The action of the scene was that the lady ahead of me would take her pill. Then I would move up and take mine. Then Angelina would fight and various defiant mayhem would ensue in this amazing tracking shot. We did the whole thing a few times in just one take, but I don’t know if that’ll make it into the finished product or they’ll have to cut a couple times.
When I was told I was to take a pill and then walk down the hall, they assured me that I didn’t have to actually take it. I could just pretend.
Well, when I accidentally swallowed the first one, I figured what the hell, why not keep going.
I ended up swallowing so many pills, I swore my stomach rattled. They tasted like nothing, but kinda looked like breath mints.

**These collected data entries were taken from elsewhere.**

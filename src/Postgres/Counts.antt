-- ===== src/Postgres/Counts.antt =====
-- internal/postgresstore/store.go: what the counts of a device are after deliveries some of which fail.
use mcp_ironclaw.Prelude.{
  ℕ, ap, ◌≡◌, ◌≢◌, ◌⊎◌, inl, inr, refl, sym, ◌∙◌, Bool, true, false, ◌&&◌, Option, none, some, List,
  [], ◌∷◌, arith, All, Option-cases, Bool-cases, select,
}
use mcp_ironclaw.Go.Text.{Text, text_eq, text_eq→eq, Lacks}
use mcp_ironclaw.Go.Map.{IsUnique, find, string_eq}
use mcp_ironclaw.Domain.Errors.{Result-cases}
use mcp_ironclaw.Domain.Key.{AggregateWindow, identity}
use mcp_ironclaw.Store.Memory.{device_key}
use mcp_ironclaw.Store.Memory.Devices.{key_of_window}
use mcp_ironclaw.Store.Memory.Ledger.{first_delivered}
use mcp_ironclaw.Postgres.{Database, RunsOn, Store, apply_window}
use mcp_ironclaw.Postgres.Statements.{Table, IsStorable, insert_window}
use mcp_ironclaw.Postgres.Deliveries.{
  IsFit, IsCanonical, conflicts-canonical, find-insert_window, insert_window-IsUnique,
  of_device-text_eq, rows_by_identity,
}

module _ {W : Type 0} (db : Database W) where
  -- Deliveries one after the other, whatever each returns.
  unfoldable pub apply_all : List AggregateWindow → Store W → Store W
  apply_all [] s = s
  apply_all (w ∷ ws) s = apply_all ws (apply_window db w s).0

  -- The windows of those deliveries that have returned no error.
  unfoldable pub succeeded : List AggregateWindow → Store W → List AggregateWindow
  succeeded [] s = []
  succeeded (w ∷ ws) s =
      let rest = succeeded ws (apply_window db w s).0 in
      elim (apply_window db w s).1 [ some _ ↦ rest | none ↦ w ∷ rest ]

  -- Every window of the device has been taken without an error on one of its deliveries.
  abbrev pub IsSettled : Text → Text → List AggregateWindow → Store W → Type 0
  IsSettled user device ws s =
      let key = device_key user device in
      (i : Text) → first_delivered key i ws ≢ none → first_delivered key i (succeeded ws s) ≢ none

  module _ (table : W → Table) (runs : RunsOn db table) where
    -- Whatever `ApplyWindow` returns, the insertion is in the table or the table is as it was; when it
    -- returns no error, the insertion is.
    pub record IsApplied (w : AggregateWindow) (s : Store W) : Type 0 where
      pub rows :
          (table (apply_window db w s).0.world ≡ table s.world)
          ⊎ (table (apply_window db w s).0.world ≡ (insert_window w (table s.world)).0)
      pub done :
          (apply_window db w s).1 ≡ none
          → table (apply_window db w s).0.world ≡ (insert_window w (table s.world)).0

    pub apply_window-IsApplied : (w : AggregateWindow) (s : Store W) → IsStorable w → IsApplied w s
    unfolding apply_window
    apply_window-IsApplied w s h = elim (Result-cases (db.insert w s.world).1) [
      | inl (e, f) ↦
          let p = runs.insert_failed w s.world e h f in
          record { rows = rw (f, apply_window) p; done = λ q. ground arith }
      | inr (n, f) ↦
          let p = ap (λ (y : Table × ℕ). y.0) (runs.inserted w s.world n h f) in
          record { rows = rw (f, apply_window) (inr p); done = λ q. rw (f, apply_window) p }
    ]

    module _ (window_of : Text → AggregateWindow) (user device : Text) where
      -- The row of the device under an identity.
      abbrev pub entry : Text → W → Option AggregateWindow
      entry i x = find i (rows_by_identity user device (table x))

      pub record IsSound (x : W) : Type 0 where
        pub canonical : All (IsCanonical window_of) (table x)
        pub unique : IsUnique (rows_by_identity user device (table x))

      step-IsSound :
          (w : AggregateWindow) (s : Store W)
          → IsFit window_of w
          → IsSound s.world
          → IsSound (apply_window db w s).0.world
      step-IsSound w s (c, h, _) v = elim (apply_window-IsApplied w s h).rows [
        | inl e ↦ record { canonical = rw e v.canonical; unique = rw e v.unique }
        | inr e ↦ record {
          canonical = rw e (conflicts-canonical window_of w (table s.world) c v.canonical);
          unique = rw e (
              insert_window-IsUnique window_of user device w (table s.world) c v.canonical
                v.unique);
        }
      ]

      abbrev matches : AggregateWindow → Text → Bool
      matches w i = text_eq (key_of_window w) (device_key user device) && text_eq (identity w) i

      -- The row under an identity after one delivery.
      record IsStep (w : AggregateWindow) (s : Store W) (i : Text) : Type 0 where
        other : matches w i ≡ false → entry i (apply_window db w s).0.world ≡ entry i s.world
        kept :
            entry i s.world ≡ some (window_of i)
            → entry i (apply_window db w s).0.world ≡ some (window_of i)
        taken :
            matches w i ≡ true
            → (apply_window db w s).1 ≡ none
            → entry i (apply_window db w s).0.world ≡ some (window_of i)

      window_of-matches :
          (w : AggregateWindow) (i : Text)
          → IsCanonical window_of w
          → matches w i ≡ true
          → w ≡ window_of i
      window_of-matches w i c m = sym c ∙ ap window_of (text_eq→eq (identity w) i (ground arith))

      entry-IsStep :
          (w : AggregateWindow) (s : Store W) (i : Text)
          → Lacks b'}' user
          → IsFit window_of w
          → IsSound s.world
          → IsStep w s i
      entry-IsStep w s i l (c, h, lw) v =
          let p = apply_window-IsApplied w s h in
          let put = find-insert_window window_of user device w (table s.world) i c v.canonical in
          let key = of_device-text_eq user device w l lw in
          let same = window_of-matches w i c in
          record {
            other =
                λ m. elim p.rows [ inl e ↦ rw e refl | inr e ↦ rw e (ground (arith, put, key)) ];
            kept =
                λ k. elim p.rows [ inl e ↦ rw e k | inr e ↦ rw e (ground (arith, put, key, same)) ];
            taken = λ m done. rw (p.done done) (ground (arith, put, key, same));
          }

      pub apply_all-IsSound :
          (ws : List AggregateWindow) (s : Store W)
          → All (IsFit window_of) ws
          → IsSound s.world
          → IsSound (apply_all ws s).world
      unfolding apply_all
      apply_all-IsSound [] s h v = v
      apply_all-IsSound (w ∷ ws) s h v =
          apply_all-IsSound ws (apply_window db w s).0 h.1 (step-IsSound w s h.0 v)

      -- The row under an identity after all deliveries.
      record IsRun (ws : List AggregateWindow) (s : Store W) (i : Text) : Type 0 where
        other :
            first_delivered (device_key user device) i ws ≡ none
            → entry i (apply_all ws s).world ≡ entry i s.world
        kept :
            entry i s.world ≡ some (window_of i)
            → entry i (apply_all ws s).world ≡ some (window_of i)
        taken :
            first_delivered (device_key user device) i (succeeded ws s) ≢ none
            → entry i (apply_all ws s).world ≡ some (window_of i)

      entry-IsRun :
          (ws : List AggregateWindow) (s : Store W) (i : Text)
          → Lacks b'}' user
          → All (IsFit window_of) ws
          → IsSound s.world
          → IsRun ws s i
      unfolding apply_all succeeded first_delivered
      entry-IsRun [] s i l h v = record {
        other = λ n. refl;
        kept = λ k. k;
        taken = λ n. absurd (n refl);
      }
      entry-IsRun (w ∷ ws) s i l h v =
          let s' = (apply_window db w s).0 in
          let step = entry-IsStep w s i l h.0 v in
          let rest = entry-IsRun ws s' i l h.1 (step-IsSound w s h.0 v) in
          record {
            other = λ n. ground (arith, rest.other, step.other);
            kept = λ k. rest.kept (step.kept k);
            taken = λ n. elim (Option-cases (apply_window db w s).1) [
              | inr (e, f) ↦ rest.taken (λ q. n (rw (f, succeeded) q))
              | inl f ↦ elim (Bool-cases (matches w i)) [
                | inl m ↦ rest.kept (step.taken m f)
                | inr m ↦ rest.taken (λ q. n (ground arith))
              ]
            ];
          }

      first_delivered-canonical :
          (ws : List AggregateWindow) (i : Text) (v : AggregateWindow)
          → All (IsFit window_of) ws
          → first_delivered (device_key user device) i ws ≡ some v
          → v ≡ window_of i
      unfolding first_delivered
      first_delivered-canonical [] i v h e = cc
      first_delivered-canonical (w ∷ ws) i v h e = elim (Bool-cases (matches w i)) [
        | inl m ↦ ground (arith, window_of-matches w i h.0.0 m)
        | inr m ↦ first_delivered-canonical ws i v h.1 (ground arith)
      ]

      pub entry-settled :
          (ws : List AggregateWindow) (s : Store W) (i : Text)
          → Lacks b'}' user
          → All (IsFit window_of) ws
          → table s.world ≡ []
          → IsSettled user device ws s
          → entry i (apply_all ws s).world ≡ first_delivered (device_key user device) i ws
      unfolding find select IsUnique
      entry-settled ws s i l h empty settled =
          let start : IsSound s.world = record { canonical = rw empty tt; unique = rw empty tt } in
          let run = entry-IsRun ws s i l h start in
          elim (Option-cases (first_delivered (device_key user device) i ws)) [
            | inl n ↦ run.other n ∙ ap (λ y. find i (rows_by_identity user device y)) empty ∙ sym n
            | inr (w, f) ↦
                run.taken (settled i (λ q. cc))
                ∙ ap some (sym (first_delivered-canonical ws i w h f))
                ∙ sym f
          ]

From what I could gather, at some point, they did a little close-up/insert of me. I don’t know if it was just me or if it was one of those where they start on me and then pan to Angelina, but I’m pretty sure they did at least one take like that. Maybe that’ll make it into the finished product. I dunno. By now, I was still just glad to be there and having such a great time.
Later on in the scene, while Angelina is fighting an orderly, all of us extras got to come down the hallway, shocked at what we were seeing. They even did a shot just for us! The camera went by all of us as we stared in fright. It was awesome that all of us extras got close-ups that time. I wonder if they’ll use any of them, though. It was just awesome that they even bothered with us. I mean, we’re extras, we usually only get camera time behind the principle or by accident.
Jen always asks how close I get to the celebrities. Well, today was a doosie. 3 inches for Mr. Eastwood and 0 inches for Ms. Jolie. Yeah, I was unintentionally standing in the way and she accidentally bumped me.
I spent the last scene of the day in holding before getting yet another call time while being signed out. Yeah, I was on my way to yet another day of fun and excitement!